» Supplied information:
-- ===== src/Server/System.antt =====
-- `runServer` of cmd/server/main.go, which puts the API and the worker on one store, and codex-repair, which
-- works on the same database: what each of them does to it, in whatever order they come. The two inserts of
-- a request are one event, since they write different tables.
use token_usage.Prelude.{◌⊎◌, ℕ, Bool, List, [], ◌∷◌, Text}
use token_usage.Types.{UsageRecord, IngestRequest}
use token_usage.Store.Keys.{daily_key_eq, detail_key_eq}
use token_usage.Store.Usage.Rebuild.{rebuild_daily, rebuild_daily-IsConsistent}
use token_usage.Store.Usage.Rebuild.Keyed.{rebuild_daily-IsUnique, rebuild_daily-HasUniqueIds}
use token_usage.Store.Repair.{RepairFaults, repair_codex_usage}
use token_usage.Store.Repair.Run.{repair_codex_usage-IsSound, repair_codex_usage-IsUnique}
use token_usage.Server.Ingest.{Database, Request, Circumstances, handle_ingest}
use token_usage.Server.Ingest.Sound.{AreSound, handle_ingest-AreSound}
use token_usage.Server.Worker.{utc_day, first_deep_day, rebuild_today, rebuild_deep}

-- A request to /ingest, a run of a loop of the worker at a reading of the clock, or a run of codex-repair.
pub data Event : Type 0 where
  ingests : Circumstances → Request → Event
  rebuilds_today : (fault : Bool) (now clock : ℕ) → Event
  rebuilds_deep : (fault : Bool) (now deep_days clock : ℕ) → Event
  repairs :
      (f : RepairFaults) (now : ℕ) (user_id machine_id : Text) (records : List UsageRecord)
      (apply : Bool)
      → Event

module _ (sha256 : Text → List ℕ) (decode : Text → Text ⊎ IngestRequest) (micros : ℕ → ℕ) where
  unfoldable pub handle_event : Event → Database → Database
  unfolding handle_ingest rebuild_today rebuild_deep repair_codex_usage
  handle_event (ingests e r) db = (handle_ingest sha256 decode micros e r db).1
  handle_event (rebuilds_today fault now clock) db = record db {
    usage = (rebuild_today fault now clock db.usage).1;
  }
  handle_event (rebuilds_deep fault now deep_days clock) db = record db {
    usage = (rebuild_deep fault now deep_days clock db.usage).1;
  }
  handle_event (repairs f now user_id machine_id records apply) db = record db {
    usage = (repair_codex_usage f now user_id machine_id records apply db.usage).1;
  }

  -- the events one after the other
  unfoldable pub run_events : List Event → Database → Database
  unfolding handle_event
  run_events [] db = db
  run_events (e ∷ events) db = run_events events (handle_event e db)

  rebuilt-AreSound :
      (fault : Bool) (now from to : ℕ) (db : Database)
      → AreSound db
      → AreSound (record db { usage = (rebuild_daily fault now from to db.usage).1 })
  rebuilt-AreSound fault now from to db h = record {
    usage = record {
      consistent = rebuild_daily-IsConsistent fault now from to db.usage h.usage.consistent;
      unique = rebuild_daily-HasUniqueIds fault now from to db.usage h.usage.unique;
    };
    edits = h.edits;
    keyed = rebuild_daily-IsUnique fault now from to db.usage h.keyed;
  }

  handle_event-AreSound : (e : Event) (db : Database) → AreSound db → AreSound (handle_event e db)
  unfolding handle_event rebuild_today rebuild_deep
  handle_event-AreSound (ingests e r) db h = handle_ingest-AreSound sha256 decode micros e r db h
  handle_event-AreSound (rebuilds_today fault now clock) db h =
      rebuilt-AreSound fault now (utc_day clock) (utc_day clock) db h
  handle_event-AreSound (rebuilds_deep fault now deep_days clock) db h =
      rebuilt-AreSound fault now (first_deep_day deep_days clock) (utc_day clock) db h
  handle_event-AreSound (repairs f now user_id machine_id records apply) db h = record {
    usage = repair_codex_usage-IsSound now user_id machine_id f records apply db.usage h.usage;
    edits = h.edits;
    keyed = repair_codex_usage-IsUnique now user_id machine_id f records apply db.usage h.keyed;
  }

  -- Whatever requests come, whenever the worker rebuilds and codex-repair runs, in whatever order, and
  -- whatever fails in them: the daily tables say what the detail rows sum up to, no id stands twice, and no
  -- two daily usage rows have one key, if this was so before.
  pub run_events-AreSound :
      (events : List Event) (db : Database) → AreSound db → AreSound (run_events events db)
  unfolding run_events
  run_events-AreSound [] db h = h
  run_events-AreSound (e ∷ events) db h =
      run_events-AreSound events (handle_event e db) (handle_event-AreSound e db h)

» Assigned task: Only the lines from the beginning of the material above through the line with "rebuilds_deep : (fault" are wanted; extract them exactly.

» Completed task:
-- ===== src/Server/System.antt =====
-- `runServer` of cmd/server/main.go, which puts the API and the worker on one store, and codex-repair, which
-- works on the same database: what each of them does to it, in whatever order they come. The two inserts of
-- a request are one event, since they write different tables.
use token_usage.Prelude.{◌⊎◌, ℕ, Bool, List, [], ◌∷◌, Text}
use token_usage.Types.{UsageRecord, IngestRequest}
use token_usage.Store.Keys.{daily_key_eq, detail_key_eq}
use token_usage.Store.Usage.Rebuild.{rebuild_daily, rebuild_daily-IsConsistent}
use token_usage.Store.Usage.Rebuild.Keyed.{rebuild_daily-IsUnique, rebuild_daily-HasUniqueIds}
use token_usage.Store.Repair.{RepairFaults, repair_codex_usage}
use token_usage.Store.Repair.Run.{repair_codex_usage-IsSound, repair_codex_usage-IsUnique}
use token_usage.Server.Ingest.{Database, Request, Circumstances, handle_ingest}
use token_usage.Server.Ingest.Sound.{AreSound, handle_ingest-AreSound}
use token_usage.Server.Worker.{utc_day, first_deep_day, rebuild_today, rebuild_deep}

-- A request to /ingest, a run of a loop of the worker at a reading of the clock, or a run of codex-repair.
pub data Event : Type 0 where
  ingests : Circumstances → Request → Event
  rebuilds_today : (fault : Bool) (now clock : ℕ) → Event
  rebuilds_deep : (fault : Bool) (now deep_days clock : ℕ) → Event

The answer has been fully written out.